If you use it in an online presentation, we would appreciate it if you would link to our U.S. tracking page at https://www.nytimes.com/interactive/2020/us/coronavirus-us-cases.html.

If you use this data, please let us know at covid-data@nytimes.com.

See our LICENSE for the full terms of use for this data.

This license is co-extensive with the Creative Commons Attribution-NonCommercial 4.0 International license, and licensees should refer to that license (CC BY-NC) if they have questions about the scope of the license.

source

cdataset and loc_lookup - Johns Hopkins

  1. This data set is licensed under the Creative Commons Attribution 4.0 International (CC BY 4.0) by the Johns Hopkins University on behalf of its Center for Systems Science in Engineering. Copyright Johns Hopkins University 2020.
  2. Attribute the data as the "COVID-19 Data Repository by the Center for Systems Science and Engineering (CSSE) at Johns Hopkins University" or "JHU CSSE COVID-19 Data" for short, and the url: https://github.com/CSSEGISandData/COVID-19.
  3. For publications that use the data, please cite the following publication: "Dong E, Du H, Gardner L. An interactive web-based dashboard to track COVID-19 in real time. Lancet Inf Dis. 20(5):533-534. doi: 10.1016/S1473-3099(20)30120-1"

source

rtlive - rt.live

We just ask that you cite Rt.live as the source and link where appropriate.

source

covidtracking - COVID-19 Tracking Project

You are welcome to copy, distribute, and develop data and website content from The COVID Tracking Project at The Atlantic for all healthcare, medical, journalistic and non-commercial uses, including any personal, editorial, academic, or research purposes.

The COVID Tracking Project at The Atlantic data and website content is published under a Creative Commons CC BY-NC-4.0 license, which requires users to attribute the source and license type (CC BY-NC-4.0) when sharing our data or website content.

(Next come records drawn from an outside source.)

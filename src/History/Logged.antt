-- ===== src/History/Logged.antt =====
-- The log and the part of it that a fold covers (domain/file/storage/storage.rs).
use thaum_painter.Base.{
  ◌≤◌, ◌-◌, ◌+◌, Bool, true, false, Option, none, some, List, [], ◌∷◌, map, length, leb, drop,
  length-append, length-drop, ◌≡◌, refl, arith, inl, inr, Bool-cases, Option-cases,
}
use thaum_painter.Base.Text.{Text, text_Eq}
use thaum_painter.Base.Map.{get}
use thaum_painter.Cell.{Renderer}
use thaum_painter.Document.{SharedDocumentLayer as Layer}
use thaum_painter.History.{
  SharedDocumentAction, cell_patch_set, structure_set, undo, redo, DocumentWindow,
  SharedDocumentActionRecord as Record, AppliedCellPatches, HistoryRuntime, stack, pop,
}
use thaum_painter.History.Apply.{
  apply_action_record, apply_action, apply_patch_set, record_stroke, move_reverted, undo_record,
  redo_record, apply_structure_set, enter_layers, push_history_record, take_out,
}
use thaum_painter.History.Painted.{patch_target, paint}
use thaum_painter.History.Opened.{open_layers, new, normalized_layer}
use thaum_painter.History.Undo.{stage_canvas_patches}
use thaum_painter.History.Fold.{fold_history, undo_history_depth, actions_for_file}
use thaum_painter.History.Runs.{undo_top_action_as, redo_top_action_as}
use thaum_painter.History.Reached.{
  HistoryStep, applied, logged, staged, undone, redone, folded, edited, HistoryRun, here, next,
}

module _ {R : Renderer} {Value : Type 0} where
  -- The log and the length of its folded part are those of another runtime.
  abbrev SameLog : HistoryRuntime R Value → HistoryRuntime R Value → Type 0
  SameLog r s = (s.actions ≡ r.actions) × (s.squashed_through ≡ r.squashed_through)

  move_reverted-SameLog :
      (r : HistoryRuntime R Value) (l a : Text) → SameLog r (move_reverted r l a)
  unfolding move_reverted
  move_reverted-SameLog r l a =
      elim (Option-cases (take_out a (stack l r.applied_action_ids_by_layer))) [
        | inr e ↦ rw (move_reverted, e.1) (refl, refl)
        | inl e ↦ elim (Option-cases (take_out a (stack l r.undone_action_ids_by_layer))) [
          | inr k ↦ rw (move_reverted, e, k.1) (refl, refl)
          | inl k ↦ rw (move_reverted, e, k) (refl, refl)
        ]
      ]

  undo_record-SameLog : (r : HistoryRuntime R Value) (l : Text) → SameLog r (undo_record r l)
  unfolding undo_record
  undo_record-SameLog r l = elim (Option-cases (pop (stack l r.applied_action_ids_by_layer))) [
    | inl e ↦ rw (undo_record, e) (refl, refl)
    | inr e ↦ elim (Option-cases (get (e.0).1 r.patches_by_action_id)) [
      | inl k ↦ rw (undo_record, e.1, k) (refl, refl)
      | inr k ↦ rw (undo_record, e.1, k.1) (refl, refl)
    ]
  ]

  redo_record-SameLog : (r : HistoryRuntime R Value) (l : Text) → SameLog r (redo_record r l)
  unfolding redo_record
  redo_record-SameLog r l = elim (Option-cases (pop (stack l r.undone_action_ids_by_layer))) [
    | inl e ↦ rw (redo_record, e) (refl, refl)
    | inr e ↦ elim (Option-cases (get (e.0).1 r.patches_by_action_id)) [
      | inl k ↦ rw (redo_record, e.1, k) (refl, refl)
      | inr k ↦ rw (redo_record, e.1, k.1) (refl, refl)
    ]
  ]

  enter_layers-SameLog :
      (ls : List Text) (r : HistoryRuntime R Value) → SameLog r (enter_layers ls r)
  unfolding enter_layers
  enter_layers-SameLog [] r = (refl, refl)
  enter_layers-SameLog (l ∷ ls) r = enter_layers-SameLog ls _

  apply_patch_set-SameLog :
      (r : HistoryRuntime R Value) (l a : Text) (target : AppliedCellPatches) (passive : Bool)
      (reverts : Option Text)
      → SameLog r (apply_patch_set r l a target passive reverts)
  unfolding apply_patch_set paint record_stroke
  apply_patch_set-SameLog r l a target false reverts = (refl, refl)
  apply_patch_set-SameLog r l a target true none = (refl, refl)
  apply_patch_set-SameLog r l a target true (some reverted) =
      move_reverted-SameLog (paint r target.layer_id target.block_id target.patches) l reverted

  apply_action-SameLog :
      (r : HistoryRuntime R Value) (l a : Text) (action : SharedDocumentAction Value)
      → SameLog r (apply_action r l a action)
  unfolding apply_action apply_structure_set
  apply_action-SameLog r l a (cell_patch_set [] block_id passive reverts) = (refl, refl)
  apply_action-SameLog r l a (cell_patch_set (patch ∷ patches) block_id passive reverts) =
      elim (Option-cases (patch_target r.document l block_id)) [
        | inl e ↦ rw (apply_action, e) (refl, refl)
        | inr e ↦
            rw (apply_action, e.1)
              (apply_patch_set-SameLog r l a
                (record { layer_id = (e.0).0; block_id = (e.0).1; patches = patch ∷ patches })
                passive reverts)
      ]
  apply_action-SameLog r l a undo = undo_record-SameLog r l
  apply_action-SameLog r l a redo = redo_record-SameLog r l
  apply_action-SameLog r l a (structure_set layers window) =
      enter_layers-SameLog (map (λ (layer : Layer Value). layer.layer_id) layers) _

  -- The folded part is within the log.
  abbrev pub IsLogged : HistoryRuntime R Value → Type 0
  IsLogged r = r.squashed_through ≤ length r.actions

  same-IsLogged : (r s : HistoryRuntime R Value) → SameLog r s → IsLogged r → IsLogged s
  same-IsLogged r s same h = rw (same.0, same.1) h

  push_history_record-IsLogged :
      (r : HistoryRuntime R Value) (entry : Record Value)
      → IsLogged r
      → IsLogged (push_history_record r entry)
  unfolding push_history_record
  push_history_record-IsLogged r entry h = omega (arith, length-append r.actions (entry ∷ []), h)

  fold_history-IsLogged : (r : HistoryRuntime R Value) → IsLogged r → IsLogged (fold_history r)
  unfolding fold_history
  fold_history-IsLogged r h =
      elim (Bool-cases (leb (length r.actions - r.squashed_through) undo_history_depth)) [
        | inl e ↦ rw (fold_history, e) h
        | inr e ↦ rw (fold_history, e) (omega arith)
      ]

  HistoryStep-IsLogged : {r s : HistoryRuntime R Value} → HistoryStep r s → IsLogged r → IsLogged s
  unfolding apply_action_record stage_canvas_patches paint
  HistoryStep-IsLogged (applied r entry) h =
      let done : HistoryRuntime R Value =
        apply_action r entry.layer_id entry.action_id entry.action in
      push_history_record-IsLogged done entry (
        same-IsLogged r done (apply_action-SameLog r entry.layer_id entry.action_id entry.action) h)
  HistoryStep-IsLogged (logged r entry) h = push_history_record-IsLogged r entry h
  HistoryStep-IsLogged (staged r l b []) h = h
  HistoryStep-IsLogged (staged r l b (patch ∷ patches)) h = h
  HistoryStep-IsLogged (undone r l) h = elim (undo_top_action_as r l) [
    | inl e ↦ rw e h
    | inr e ↦ rw e (same-IsLogged r (undo_record r l) (undo_record-SameLog r l) h)
  ]
  HistoryStep-IsLogged (redone r l) h = elim (redo_top_action_as r l) [
    | inl e ↦ rw e h
    | inr e ↦ rw e (same-IsLogged r (redo_record r l) (redo_record-SameLog r l) h)
  ]
  HistoryStep-IsLogged (folded r) h = fold_history-IsLogged r h
  HistoryStep-IsLogged (edited r document) h = h

  open_layers-SameLog :
      (layers : List (Layer Value)) (r : HistoryRuntime R Value) → SameLog r (open_layers layers r)
  unfolding open_layers
  open_layers-SameLog [] r = (refl, refl)
  open_layers-SameLog (layer ∷ layers) r = open_layers-SameLog layers _

module _ (R : Renderer) {Value : Type 0} where
  new-log :
      (document_id : Text) (layers : List (Layer Value)) (window : DocumentWindow)
      → ((new {R = R} document_id layers window).actions ≡ [])
        × ((new {R = R} document_id layers window).squashed_through ≡ 0)
  unfolding new
  new-log document_id layers window = open_layers-SameLog (map normalized_layer layers) _

module _ {R : Renderer} {Value : Type 0} where
  -- In every runtime that a run from a freshly opened document reaches, the part of the log that the
  -- baseline covers is within the log.
  pub HistoryRun-IsLogged :
      (document_id : Text) (layers : List (Layer Value)) (window : DocumentWindow)
      (s : HistoryRuntime R Value)
      → HistoryRun (new document_id layers window) s
      → IsLogged s
  HistoryRun-IsLogged document_id layers window _ here =
      let log = new-log R document_id layers window in rw (log.0, log.1) (omega arith)
  HistoryRun-IsLogged document_id layers window s (next {r} run step) =
      HistoryStep-IsLogged step (HistoryRun-IsLogged document_id layers window r run)

  saved :
      (r : HistoryRuntime R Value)
      → length (actions_for_file r) ≡ length r.baseline + (length r.actions - r.squashed_through)
  unfolding actions_for_file
  saved r = omega (
    arith,
    length-append r.baseline (drop r.squashed_through r.actions),
    length-drop r.squashed_through r.actions,
  )

  -- After a fold at most twenty records of the log are not covered by the baseline, and at most twenty
  -- are saved after it.
  pub fold_history-actions_for_file :
      (r : HistoryRuntime R Value)
      → let folded_log = fold_history r in
        (length folded_log.actions - folded_log.squashed_through ≤ 20)
        × (length (actions_for_file folded_log) ≤ length folded_log.baseline + 20)
  unfolding fold_history
  fold_history-actions_for_file r =
      let s : HistoryRuntime R Value = fold_history r in
      let short : length s.actions - s.squashed_through ≤ 20 =
        elim (Bool-cases (leb (length r.actions - r.squashed_through) undo_history_depth)) [
          | inl e ↦
              let kept : length r.actions - r.squashed_through ≤ 20 = ground (arith, e) in
              rw (fold_history, e) kept
          | inr e ↦ rw (fold_history, e) (omega arith)
        ] in
      (short, omega (arith, short, saved s))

The COVID Tracking Project at The Atlantic also grants permission for any derivative use of this data and website content that supports healthcare or medical research (including institutional use by public health and for-profit organizations), or journalistic usage (by nonprofit or for-profit organizations). All other commercial uses are not permitted under the Creative Commons license, and will require permission from The COVID Tracking Project at The Atlantic.

source

owid - Our World In Data

"All our research and visualizations are free to use by everyone for all purposes." source

Visualizations and text: All our charts, maps, and text is licensed under a very permissive ‘Creative Commons’ (CC) license: The CC-BY license. The BY stands for ‘by attribution’ and this means you are free to take whatever is useful for your work. You just need to provide credit to Our World in Data and our underlying sources (see below).

source

Harvey County Testing Data

This data is a manual import from the Kansas Department of Health and Environment and the Harvey County Health Department.